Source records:
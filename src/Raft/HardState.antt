-- ===== src/Raft/HardState.antt =====
-- The hard state of src/raft/raft.cc: the term only grows, a vote is given once in a term, and
-- the dirty flag says when either has changed.
use mini_lsm.Prelude.{
  ℕ, ◌+◌, ◌≤◌, ◌<◌, ◌≡◌, refl, ◌∙◌, ◌⊎◌, inl, inr, false, List, arith, Bool-cases, u64, ltb,
}
use mini_lsm.Raft.Messages.{
  NodeId, Term, Message, MessageType, request_vote, request_vote_resp, append_entries,
  append_entries_resp,
}
use mini_lsm.Raft.State.{Raft, Role, follower, candidate, leader, send}
use mini_lsm.Raft.Leader.{become_leader, broadcast_append_entries}
use mini_lsm.Raft.Follower.{
  can_vote, handle_request_vote, handle_append_entries, become_follower, become_candidate, stand,
}
use mini_lsm.Raft.Core.{
  tick, tick_as, tick_election, tick_heartbeat, step, step_as, step_follower, step_candidate,
  step_leader, count_vote, record_vote, reject_stale, leader_of, propose, propose_as,
}
use mini_lsm.Raft.Frames.{broadcast_to-eq, request_votes-eq}
use mini_lsm.Raft.Ballot.{
  ballot, become_leader-ballot, handle_append_entries-ballot, handle_append_entries_resp-ballot,
  maybe_commit-ballot,
}

pub record HardState : Type 0 where
  pub term : Term
  pub vote : NodeId

abbrev pub hard : Raft → HardState
hard r = record { term = r.current_term; vote = r.voted_for }

-- A later term, or the same term with a vote that is not taken back.
abbrev pub Extends : HardState → HardState → Type 0
Extends a b = (a.term < b.term) ⊎ ((a.term ≡ b.term) × ((a.vote ≡ 0) ⊎ (a.vote ≡ b.vote)))

pub Extends-refl : (a : HardState) → Extends a a
Extends-refl a = inr (refl, inr refl)

pub Extends-trans : (a b c : HardState) → Extends a b → Extends b c → Extends a c
Extends-trans a b c h k = ground arith

Extends-term_le : (a b : HardState) → Extends a b → a.term ≤ b.term
Extends-term_le a b h = ground arith

-- What one operation does to the hard state and to its dirty flag.
pub record Tracks (a b : Raft) : Type 0 where
  pub extends : Extends (hard a) (hard b)
  pub marks : b.hard_state_dirty ≡ false → (a.hard_state_dirty ≡ false) × (hard a ≡ hard b)

pub Tracks-refl : (a : Raft) → Tracks a a
Tracks-refl a = ground arith

pub Tracks-trans : {a b c : Raft} → Tracks a b → Tracks b c → Tracks a c
Tracks-trans {a} {b} {c} h k = record {
  extends = Extends-trans (hard a) (hard b) (hard c) h.extends k.extends;
  marks = λ e. let kept = k.marks e in let held = h.marks kept.0 in (held.0, held.1 ∙ kept.1);
}

pub handle_request_vote-Tracks : (m : Message) (r : Raft) → Tracks r (handle_request_vote m r)
unfolding handle_request_vote can_vote send
handle_request_vote-Tracks m r = ground arith

pub handle_append_entries-Tracks : (m : Message) (r : Raft) → Tracks r (handle_append_entries m r)
handle_append_entries-Tracks m r = ground (arith, handle_append_entries-ballot m r)

pub become_follower-Tracks : (t : Term) (l : NodeId) (r : Raft) → Tracks r (become_follower t l r)
unfolding become_follower
become_follower-Tracks t l r = ground arith

pub become_leader-Tracks : (r : Raft) → Tracks r (become_leader r)
become_leader-Tracks r = ground (arith, become_leader-ballot r)

count_vote-Tracks : (m : Message) (r : Raft) → Tracks r (count_vote m r)
unfolding count_vote record_vote
count_vote-Tracks m r = ground (arith, become_leader-Tracks (record_vote m.from r))

step_follower-Tracks : (t : MessageType) (m : Message) (r : Raft) → Tracks r (step_follower t m r)
unfolding step_follower
step_follower-Tracks request_vote m r = handle_request_vote-Tracks m r
step_follower-Tracks append_entries m r = handle_append_entries-Tracks m r
step_follower-Tracks _ m r = Tracks-refl r

step_candidate-Tracks : (t : MessageType) (m : Message) (r : Raft) → Tracks r (step_candidate t m r)
unfolding step_candidate
step_candidate-Tracks request_vote m r = handle_request_vote-Tracks m r
step_candidate-Tracks append_entries m r =
    Tracks-trans (become_follower-Tracks m.term m.from r) (handle_append_entries-Tracks m _)
step_candidate-Tracks request_vote_resp m r = ground (arith, count_vote-Tracks m r)
step_candidate-Tracks append_entries_resp m r = Tracks-refl r

step_leader-Tracks : (t : MessageType) (m : Message) (r : Raft) → Tracks r (step_leader t m r)
unfolding step_leader
step_leader-Tracks request_vote m r = handle_request_vote-Tracks m r
step_leader-Tracks append_entries_resp m r = ground (arith, handle_append_entries_resp-ballot m r)
step_leader-Tracks _ m r = Tracks-refl r

step_as-Tracks : (role : Role) (m : Message) (r : Raft) → Tracks r (step_as role m r)
unfolding step_as
step_as-Tracks follower m r = step_follower-Tracks m.type m r
step_as-Tracks candidate m r = step_candidate-Tracks m.type m r
step_as-Tracks leader m r = step_leader-Tracks m.type m r

pub reject_stale-Tracks : (t : MessageType) (m : Message) (r : Raft) → Tracks r (reject_stale t m r)
unfolding reject_stale send
reject_stale-Tracks request_vote m r = ground arith
reject_stale-Tracks append_entries m r = ground arith
reject_stale-Tracks _ m r = Tracks-refl r

-- Whatever message arrives: the term does not fall, a vote given in a term stays, and a node whose
-- dirty flag is off after the step has the hard state that it had before, with the flag off then.
pub step-Tracks : (m : Message) (r : Raft) → Tracks r (step m r)
unfolding step
step-Tracks m r = elim (Bool-cases (ltb r.current_term m.term)) [
  | inl newer ↦
      rw newer
        (Tracks-trans (become_follower-Tracks m.term (leader_of m.type m) r) (step_as-Tracks _ m _))
  | inr old ↦ rw old (ground (arith, reject_stale-Tracks m.type m r, step_as-Tracks r.role m r))
]

-- No node is in an earlier term than a message that it has taken.
pub step-term_le : (m : Message) (r : Raft) → m.term ≤ (step m r).current_term
step-term_le m r = elim (Bool-cases (ltb r.current_term m.term)) [
  | inl newer ↦
      let down = become_follower m.term (leader_of m.type m) r in
      let at : m.term ≤ down.current_term = unfold become_follower in ground arith in
      let on = Extends-term_le _ _ (step_as-Tracks down.role m down).extends in
      unfold step in rw newer (omega (arith, at, on))
  | inr old ↦
      let kept : r.current_term ≤ (step m r).current_term =
        Extends-term_le _ _ (step-Tracks m r).extends in
      let below : m.term ≤ r.current_term = ground arith in omega (arith, below, kept)
]

pub become_candidate-Tracks : (r : Raft) → r.current_term + 1 < u64 → Tracks r (become_candidate r)
unfolding become_candidate stand
become_candidate-Tracks r h =
    ground
      (arith, become_leader-ballot (stand r), request_votes-eq (stand r).config.peers (stand r))

pub tick_heartbeat-Tracks : (r : Raft) → Tracks r (tick_heartbeat r)
unfolding tick_heartbeat broadcast_append_entries
tick_heartbeat-Tracks r =
    ground (arith, broadcast_to-eq r.config.peers (record r { heartbeat_elapsed = 0 }))

tick_election-Tracks : (r : Raft) → r.current_term + 1 < u64 → Tracks r (tick_election r)
unfolding tick_election
tick_election-Tracks r h =
    ground
      (arith, become_candidate-Tracks (record r { election_elapsed = r.election_elapsed + 1 }) h)

tick_as-Tracks : (role : Role) (r : Raft) → r.current_term + 1 < u64 → Tracks r (tick_as role r)
unfolding tick_as
tick_as-Tracks leader r h = tick_heartbeat-Tracks r
tick_as-Tracks follower r h = tick_election-Tracks r h
tick_as-Tracks candidate r h = tick_election-Tracks r h

-- A tick does not let the term fall or a vote of the term change, and a node whose dirty flag is off
-- after it has the hard state that it had before, with the flag off then, unless the 64-bit term wraps
-- around.
pub tick-Tracks : (r : Raft) → r.current_term + 1 < u64 → Tracks r (tick r)
unfolding tick
tick-Tracks r = tick_as-Tracks r.role r

propose_as-ballot :
    (role : Role) (payload : List ℕ) (r : Raft) → ballot (propose_as role payload r).0 ≡ ballot r
unfolding propose_as
propose_as-ballot leader payload r = maybe_commit-ballot _
propose_as-ballot follower payload r = refl
propose_as-ballot candidate payload r = refl

-- A proposal changes nothing that elections read.
pub propose-ballot : (payload : List ℕ) (r : Raft) → ballot (propose payload r).0 ≡ ballot r
unfolding propose
propose-ballot payload r = propose_as-ballot r.role payload r
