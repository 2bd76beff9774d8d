-- ===== src/Cluster/History.antt =====
-- The history of a node's votes: what the hard state and the flag of src/raft/raft.cc say of it.
use mini_lsm.Prelude.{
  ◌<◌, ◌≡◌, ◌≢◌, refl, ◌∙◌, sym, ap, inl, inr, arith, Bool-cases, eq_of_beq, subst, ◌==◌,
  if◌then◌else◌,
}
use mini_lsm.Raft.Messages.{NodeId, Term}
use mini_lsm.Raft.HardState.{HardState, Extends}

-- Whom a node has voted for, by term; 0 is nobody.
abbrev pub Votes : Type 0
Votes = Term → NodeId

-- The vote of the term in which a node is, written into its history.
abbrev pub note : HardState → Votes → Votes
note h v t = if h.term == t then h.vote else v t

-- The history ends in the vote of the hard state.
pub record Agrees (v : Votes) (h : HardState) : Type 0 where
  pub present : v h.term ≡ h.vote
  pub future : (t : Term) → h.term < t → v t ≡ 0

-- No vote is taken back.
abbrev pub Grows : Votes → Votes → Type 0
Grows v w = (t : Term) → v t ≢ 0 → w t ≡ v t

pub Grows-trans : (u v w : Votes) → Grows u v → Grows v w → Grows u w
Grows-trans u v w h k t ne = k t (rw (h t ne) ne) ∙ h t ne

pub note-Agrees : (v : Votes) (a b : HardState) → Agrees v a → Extends a b → Agrees (note b v) b
note-Agrees v a b g e = record {
  present = ground arith;
  future = λ t lt. ground (arith, g.future t);
}

pub note-Grows : (v : Votes) (a b : HardState) → Agrees v a → Extends a b → Grows v (note b v)
note-Grows v a b g (inl later) t ne = elim (Bool-cases (b.term == t)) [
  | inl now ↦ absurd (ne (g.future t (subst (λ x. a.term < x) (eq_of_beq b.term t now) later)))
  | inr other ↦ rw other refl
]
note-Grows v a b g (inr (same, kept)) t ne = elim (Bool-cases (b.term == t)) [
  | inl now ↦
      let past : v t ≡ a.vote = ap v (sym (eq_of_beq b.term t now) ∙ sym same) ∙ g.present in
      rw now (ground (arith, past, kept))
  | inr other ↦ rw other refl
]

pub note_same : (v : Votes) (h : HardState) → Agrees v h → (t : Term) → note h v t ≡ v t
note_same v h g t = elim (Bool-cases (h.term == t)) [
  | inl now ↦ rw now (sym g.present ∙ ap v (eq_of_beq h.term t now))
  | inr other ↦ rw other refl
]
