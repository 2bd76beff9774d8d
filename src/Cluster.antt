-- ===== src/Cluster.antt =====
-- Nodes of src/raft/raft.cc on a network that may lose, repeat and reorder messages, driven as
-- include/mlsm/raft/storage.h and src/raft/replicated_db.cc say: what a node has produced is saved
-- before its messages are sent. A node may crash at any time; it comes back with the hard state
-- that was saved last.
pub mod Quorum
pub mod History
pub mod Invariant
pub mod Preserve
pub mod Election
pub mod Leading
pub mod LogMatching
pub mod MatchIndex
pub mod Tests
use mini_lsm.Prelude.{
  ℕ, ◌+◌, ◌<◌, ◌≡◌, Bool, true, false, List, [], ◌++◌, ◌∷◌, ◌⊎◌, ◌==◌, if◌then◌else◌, ℤ, u64,
}
use mini_lsm.Raft.Messages.{NodeId, Term, LogEntry, Message}
use mini_lsm.Raft.State.{Raft, Config, init, last_index}
use mini_lsm.Raft.Core.{tick, step, propose, take_committed, take_messages, restore, has_vote}
use mini_lsm.Raft.HardState.{HardState, hard}
use History.{Votes, note}

-- The members of the cluster and their timeouts.
pub record Setup : Type 0 where
  pub peers : List NodeId
  pub election_timeout : NodeId → ℤ
  pub heartbeat_timeout : NodeId → ℤ
  pub named : has_vote 0 peers ≡ false

abbrev pub config_of : Setup → NodeId → Config
config_of s i = record {
  id = i;
  peers = s.peers;
  election_timeout = s.election_timeout i;
  heartbeat_timeout = s.heartbeat_timeout i;
}

abbrev pub IsMember : Setup → NodeId → Type 0
IsMember s i = has_vote i s.peers ≡ true

abbrev pub update {ℓ} : {A : Type ℓ} → (NodeId → A) → NodeId → A → NodeId → A
update f i v j = if i == j then v else f j

-- `network` holds every message that was ever sent. `votes` and `saved_votes` are history: no step
-- reads them but to carry them on.
pub record Cluster : Type 0 where
  pub nodes : NodeId → Raft
  pub saved : NodeId → HardState
  pub network : List Message
  pub votes : NodeId → Votes
  pub saved_votes : NodeId → Votes

abbrev pub no_state : HardState
no_state = record { term = 0; vote = 0 }

abbrev pub start : Setup → Cluster
start s = record {
  nodes = λ i. init (config_of s i);
  saved = λ i. no_state;
  network = [];
  votes = λ i t. 0;
  saved_votes = λ i t. 0;
}

abbrev pub InNetwork : Message → List Message → Type 0
InNetwork m [] = ⊥
InNetwork m (x ∷ xs) = (m ≡ x) ⊎ InNetwork m xs

-- Node `i` goes on to the state `r`.
abbrev pub moved : Cluster → NodeId → Raft → Cluster
moved c i r = record c {
  nodes = update c.nodes i r;
  votes = update c.votes i (note (hard r) (c.votes i));
}

-- What a successful `RaftStorage::Save` leaves in the node and on the disk.
abbrev pub clean : Raft → Raft
clean r = record r { hard_state_dirty = false; stable_index = last_index r.log }

abbrev pub stored : Cluster → NodeId → Cluster
stored c i = record c {
  nodes = update c.nodes i (clean (c.nodes i));
  saved = update c.saved i (if (c.nodes i).hard_state_dirty then hard (c.nodes i) else c.saved i);
  saved_votes = update c.saved_votes i (c.votes i);
}

abbrev pub flushed : Cluster → NodeId → Cluster
flushed c i = record c {
  nodes = update c.nodes i (take_messages (c.nodes i)).0;
  network = (take_messages (c.nodes i)).1 ++ c.network;
}

abbrev pub revived : Setup → HardState → List LogEntry → NodeId → Raft
revived s h entries i = restore h.term h.vote entries (init (config_of s i))

abbrev pub restarted : Setup → Cluster → NodeId → List LogEntry → Cluster
restarted s c i entries = record c {
  nodes = update c.nodes i (revived s (c.saved i) entries i);
  votes = update c.votes i (c.saved_votes i);
}

-- One event at one member. A tick is taken only below the last 64-bit term.
pub data Step (s : Setup) (c : Cluster) : Cluster → Type 0 where
  ticks :
      (i : NodeId)
      → IsMember s i
      → (c.nodes i).current_term + 1 < u64
      → Step s c (moved c i (tick (c.nodes i)))
  delivers :
      (m : Message)
      → IsMember s m.to
      → InNetwork m c.network
      → Step s c (moved c m.to (step m (c.nodes m.to)))
  proposes :
      (i : NodeId) (payload : List ℕ)
      → IsMember s i
      → Step s c (moved c i (propose payload (c.nodes i)).0)
  applies : (i : NodeId) → IsMember s i → Step s c (moved c i (take_committed (c.nodes i)).0)
  saves : (i : NodeId) → IsMember s i → Step s c (stored c i)
  sends :
      (i : NodeId) → IsMember s i → (c.nodes i).hard_state_dirty ≡ false → Step s c (flushed c i)
  restarts :
      (i : NodeId) (entries : List LogEntry) → IsMember s i → Step s c (restarted s c i entries)

pub data Reach (s : Setup) : Cluster → Type 0 where
  here : Reach s (start s)
  next : {c d : Cluster} → Reach s c → Step s c d → Reach s d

- [GOAL OF THE EXERCISE]:
Find every line in the records that contains the word "from"; copy those lines.

- [TASK RESPONSE]:
count_vote-Tracks m r = ground (arith, become_leader-Tracks (record_vote m.from r))
    Tracks-trans (become_follower-Tracks m.term m.from r) (handle_append_entries-Tracks m _)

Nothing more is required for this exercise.